The Sixth Circuit, in Armstrong, Jones & Co. v. SEC, 421 F.2d 359, 362 (6th Cir.), cert. denied, 398 U.S. 958 (1970), held, adopting the position of the Securities Exchange Commission, that sanctions may be imposed on a broker-dealer for the wilful violations of its agents under the doctrine of respondeat superior; the court did not refer to Section 20(a). In Holloway v. Howerdd, 536 F.2d 690, 694-95 (6th Cir. 1976), the Sixth Circuit, following what it took to be the lead of the Second, Fourth, Fifth and Seventh Circuits, went farther in holding that the controlling person provisions, Section 15 of the ’33 Act and Section 20(a) of the ’34 Act, were not intended to preempt the operation of the doctrine of respondeat superior in eases involving unlawful activities of a brokerage firm’s employees. It imposed damage liability on the firm in favor of those customers of the firm who were ignorant of the limitations on the authority of the wrongdoing employee. The court relied on what had been said in Management Dynamics, supra, 515 F.2d at 812, to the effect that the controlling person provisions were intended to expand, rather than restrict, the scope of liability under the securities laws.
The Fourth Circuit, in Johns Hopkins University v. Hutton, 422 F.2d 1124 (4th Cir. 1970), cert. denied, 416 U.S. 916, 94 S.Ct. 1623, 40 L.Ed.2d 118 (1974), a case brought under § 12(2) of the ’33 Act, 15 U.S.C. § 771(2), held a brokerage house liable “under familiar [agency] principles, for the tortious representations of its agent”; although the partners of the defendant brokerage house were personally blameless, they had clothed their departmental manager with actual and apparent authority to provide the purchaser of the security with information about its yield, the manager acted within the scope of his employment in offering the security to the purchaser, and the firm received compensation based on the manager’s sales effort. The court held that Section 15 of the ’33 Act, 15 U.S.C. § 77o, which imposes a controlling person liability parallel to that imposed by Section 20(a) of the ’34 Act, was not intended to insulate a brokerage house from the misdeeds of its employees.

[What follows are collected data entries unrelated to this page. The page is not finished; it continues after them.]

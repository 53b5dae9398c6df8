-- ===== src/Algod/Submits/Histories.antt =====
-- No status that the cluster broadcasts is nil, while the nodes send the blocks that they are asked
-- for; and what happens when a node does not.
use algo_vnode.Prelude.{
  Option-cases, ℕ, Bool-cases, subst, Bool, true, false, List, [], ◌∷◌, Option, none, some, inl,
  inr, arith, All, ltb, add64, sub64,
}
use algo_vnode.Algod.Blocks.{
  try_nodes, then_nodes, load_block_sync, get_block_first, prefetch_notify,
}
use algo_vnode.Algod.Client.{Reply}
use algo_vnode.Algod.Cluster.{update_node_lists, is_block_in_the_future}
use algo_vnode.Algod.Evolve.Boot.{Operates, boots, monitors, lists, loads, requests}
use algo_vnode.Algod.Float.{Float}
use algo_vnode.Algod.State.{Cluster}
use algo_vnode.Algod.Submits.{NoNil, OutcomeKeeps, sunk-Keeps}
use algo_vnode.Algod.Submits.Calls.{Known, IsOfRound, fetch-Known}
use algo_vnode.Algod.Submits.Runs.{boot-NoNil, monitor_turn-NoNil}
use algo_vnode.Algod.World.Prefetches.{take_oldest, prefetch_turn}
use algo_vnode.BlockCache.Lru.{Lru}
use algo_vnode.BlockCache.Safety.{Step}
use algo_vnode.BlockCache.Unified.{catchup_size}
use algo_vnode.BlockFetcher.Make.{Codec}

module _ (fl : Float) (lru : Lru) {C : Type 0} (now : ℕ) (cd : Codec C)
    (replies : ℕ → List (Reply (List ℕ))) (round : ℕ)
    (answers : (n : ℕ) → All (IsOfRound cd round) (replies n)) where
  abbrev Holds : Cluster fl lru C → Type 0
  Holds gs = NoNil fl lru gs × Known fl lru now 0 round gs

  try_nodes-NoNil :
      (ns : List ℕ) (gs : Cluster fl lru C)
      → Holds gs
      → OutcomeKeeps fl lru Holds (try_nodes fl lru now cd replies round ns gs)
  unfolding try_nodes
  try_nodes-NoNil [] gs p = p
  try_nodes-NoNil (n ∷ ns) gs p =
      first (try_nodes-NoNil ns) _ (fetch-Known fl lru now n cd round (replies n) gs (answers n) p)
    where
      first :
          ((g : Cluster fl lru C)
            → Holds g
            → OutcomeKeeps fl lru Holds (try_nodes fl lru now cd replies round ns g))
          → (r : Option (Cluster fl lru C × Bool)) → OutcomeKeeps fl lru Holds r
          → OutcomeKeeps fl lru Holds (elim r [
            | none ↦ none
            | some (gs', true) ↦ some (gs', true)
            | some (gs', false) ↦ try_nodes fl lru now cd replies round ns gs'
          ])
      first rest none q = tt
      first rest (some (g, true)) q = q
      first rest (some (g, false)) q = rest g q

  then_nodes-NoNil :
      (ns : List ℕ) (r : Option (Cluster fl lru C × Bool))
      → OutcomeKeeps fl lru Holds r
      → OutcomeKeeps fl lru Holds (then_nodes fl lru now cd replies round ns r)
  then_nodes-NoNil ns none q = tt
  then_nodes-NoNil ns (some (g, true)) q = q
  then_nodes-NoNil ns (some (g, false)) q = try_nodes-NoNil ns g q

  only_nil :
      (r : Option (Cluster fl lru C × Bool))
      → OutcomeKeeps fl lru Holds r
      → OutcomeKeeps fl lru (NoNil fl lru) r
  only_nil none q = tt
  only_nil (some (g, b)) q = q.0

  pub load_block_sync-NoNil :
      (gs : Cluster fl lru C)
      → NoNil fl lru gs
      → OutcomeKeeps fl lru (NoNil fl lru) (load_block_sync fl lru now cd replies round gs)
  unfolding load_block_sync
  load_block_sync-NoNil gs p = elim (Bool-cases (ltb gs.latest_round round)) [
    | inl e ↦
        rw (e, load_block_sync) (sunk-Keeps fl lru (NoNil fl lru) (λ g u h. h) round none gs p)
    | inr e ↦
        let known : Holds gs = (p, ground arith) in
        elim (Bool-cases (ltb (add64 (sub64 gs.latest_round catchup_size) 4) round)) [
          | inl f ↦
              rw (e, f, load_block_sync)
                (only_nil _
                  (then_nodes-NoNil gs.arch_nodes _ (try_nodes-NoNil gs.catchup_nodes gs known)))
          | inr f ↦ rw (e, f, load_block_sync) (only_nil _ (try_nodes-NoNil gs.arch_nodes gs known))
        ]
  ]

module _ (fl : Float) (lru : Lru) {C : Type 0} (cd : Codec C) where
  -- The nodes send the blocks that they are asked for, in a boot and in a load; a turn of `Monitor`
  -- may get any block.
  abbrev pub IsHonest : {g h : Cluster fl lru C} → Operates fl lru cd g h → Type 0
  IsHonest (boots now i geneses blocks statuses up e) = All (IsOfRound cd 0) blocks
  IsHonest (monitors now i statuses blocks t e) = Unit {0}
  IsHonest lists = Unit {0}
  IsHonest (loads now round replies done e) = (n : ℕ) → All (IsOfRound cd round) (replies n)
  IsHonest (requests round msgp) = Unit {0}

  -- Such operations, one after another, with steps of the cache and turns of the prefetcher.
  pub data Honest (gs : Cluster fl lru C) : Cluster fl lru C → Type 0 where
    starts : Honest gs gs
    continues :
        {g h : Cluster fl lru C}
        → Honest gs g
        → (o : Operates fl lru cd g h) → IsHonest o
        → Honest gs h
    caches :
        {g : Cluster fl lru C} {u : _}
        → Honest gs g
        → Step lru g.ucache u
        → Honest gs (record g { ucache = u })
    prefetches :
        {g : Cluster fl lru C} → Honest gs g → (now : ℕ) → Honest gs (prefetch_turn fl lru now g)

  lists-NoNil :
      (gs : Cluster fl lru C) → NoNil fl lru gs → NoNil fl lru (update_node_lists fl lru gs)
  unfolding update_node_lists
  lists-NoNil gs p = p

  requests-NoNil :
      (round : ℕ) (msgp : Bool) (gs : Cluster fl lru C)
      → NoNil fl lru gs
      → NoNil fl lru (get_block_first fl lru round msgp gs).0
  unfolding get_block_first prefetch_notify is_block_in_the_future
  requests-NoNil round msgp gs p = ground (arith, p)

  Operates-NoNil :
      {g h : Cluster fl lru C} (o : Operates fl lru cd g h)
      → IsHonest o
      → NoNil fl lru g
      → NoNil fl lru h
  Operates-NoNil {g} (boots now i geneses blocks statuses up e) q p =
      subst (OutcomeKeeps fl lru (NoNil fl lru)) e
        (boot-NoNil fl lru now i cd geneses blocks statuses g q p)
  Operates-NoNil {g} (monitors now i statuses blocks t e) q p =
      subst (OutcomeKeeps fl lru (NoNil fl lru)) e
        (monitor_turn-NoNil fl lru now i cd statuses blocks g p)
  Operates-NoNil {g} lists q p = lists-NoNil g p
  Operates-NoNil {g} (loads now round replies done e) q p =
      subst (OutcomeKeeps fl lru (NoNil fl lru)) e
        (load_block_sync-NoNil fl lru now cd replies round q g p)
  Operates-NoNil {g} (requests round msgp) q p = requests-NoNil round msgp g p

  prefetch-NoNil :
      (now : ℕ) (gs : Cluster fl lru C)
      → NoNil fl lru gs
      → NoNil fl lru (prefetch_turn fl lru now gs)
  unfolding prefetch_turn
  prefetch-NoNil now gs p = elim (Option-cases (take_oldest gs.prefetch_queue)) [
    | inl e ↦ rw (e, prefetch_turn) p
    | inr (x, e) ↦ rw (e, prefetch_turn) p
  ]

  -- While the nodes answer a boot or a load with the blocks they are asked for, and whatever they
  -- send else, no status that is given to the broadcaster is nil, if none was at the start: in any
  -- order of boots, turns of `Monitor`, loads, requests, steps of the cache, turns of the prefetcher
  -- and updates of the lists.
  pub broadcast-NoNil :
      (gs gs' : Cluster fl lru C) → Honest gs gs' → NoNil fl lru gs → NoNil fl lru gs'
  broadcast-NoNil gs gs' starts p = p
  broadcast-NoNil gs gs' (continues {g} h o q) p = Operates-NoNil o q (broadcast-NoNil gs g h p)
  broadcast-NoNil gs gs' (caches {g} h s) p = broadcast-NoNil gs g h p
  broadcast-NoNil gs gs' (prefetches {g} h now) p = prefetch-NoNil now g (broadcast-NoNil gs g h p)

The Fifth Circuit in Lewis v. Walston & Co., 487 F.2d 617 (5th Cir. 1973), applied agency principles in imposing liability on a brokerage firm in a suit under Section 12(1) of the ’33 Act for an employee’s sale of unregistered stock to plaintiffs, notwithstanding that the brokerage house never received a commission or other benefit from the transactions, did not deal in unregistered securities in the course of its own business, and did not perform any of its usual brokerage functions in the completion of the sales transactions. Later, in a case in which liability under Rule 10b-5 could have been imposed only under Section 20(a) if the evidence had warranted it, the Fifth Circuit, under the mistaken impression that Gordon v. Burr, supra, had committed this circuit to the view that Section 20(a) was “the exclusive way to hold someone secondarily liable” in Rule 10b-5 cases, stated that such an approach might be unnecessarily restrictive to the securities acts but that it did not need to resolve that question in the case before it. Woodward v. Metro Bank of Dallas, 522 F.2d 84, 94 n.22 (5th Cir. 1975). The Seventh Circuit in a “churning” case, Fey v. Walston & Co., 493 F.2d 1036, 1052-53 (7th Cir. 1974), held a brokerage house liable for the conduct of
The earliest of the cases usually cited for the proposition that Section 20(a) of the ’34 Act supplanted the doctrine of respondeat superior in securities cases, Kamen & Co. v. Paul H. Aschkar & Co., 382 F.2d 689, 697 (9th Cir. 1967), does not elaborate the point, and Hecht v. Harris, Upham & Co., 430 F.2d 1202, 1210 (9th Cir. 1970), which imposed liability in a churning case, did so under Section 20(a) on the basis that the brokerage house had failed to maintain adequate internal controls, and that its failure of diligence constituted failure to act in good faith; the court did not refer to the doctrine of respondeat superior. Later, in Zweig v. Hearst Corp., 521 F.2d 1129, 1132-33 (9th Cir.), cert. denied, 423 U.S. 1025, 96 5. Ct. 469, 46 L.Ed.2d 399 (1975), the court interpreted its earlier decision in Kamen as holding that Section 20(a) is to be applied to determine an employing corporation’s liability and as rejecting the contention that “the more stringent doctrine of respondeat superior remained effective to establish vicarious liability.” The court did not explain the basis for its conclusion. Most recently, in Christoffel v. E. F. Hutton & Co., 588 F.2d 665, 667 (9th Cir. 1978), the court, in a single sentence, and, again, without discussion, stated that it was “the established law of [the 9th] Circuit that section 20(a) supplants vicarious liability of an employer for the acts of an employee applying the respondeat superior doctrine.”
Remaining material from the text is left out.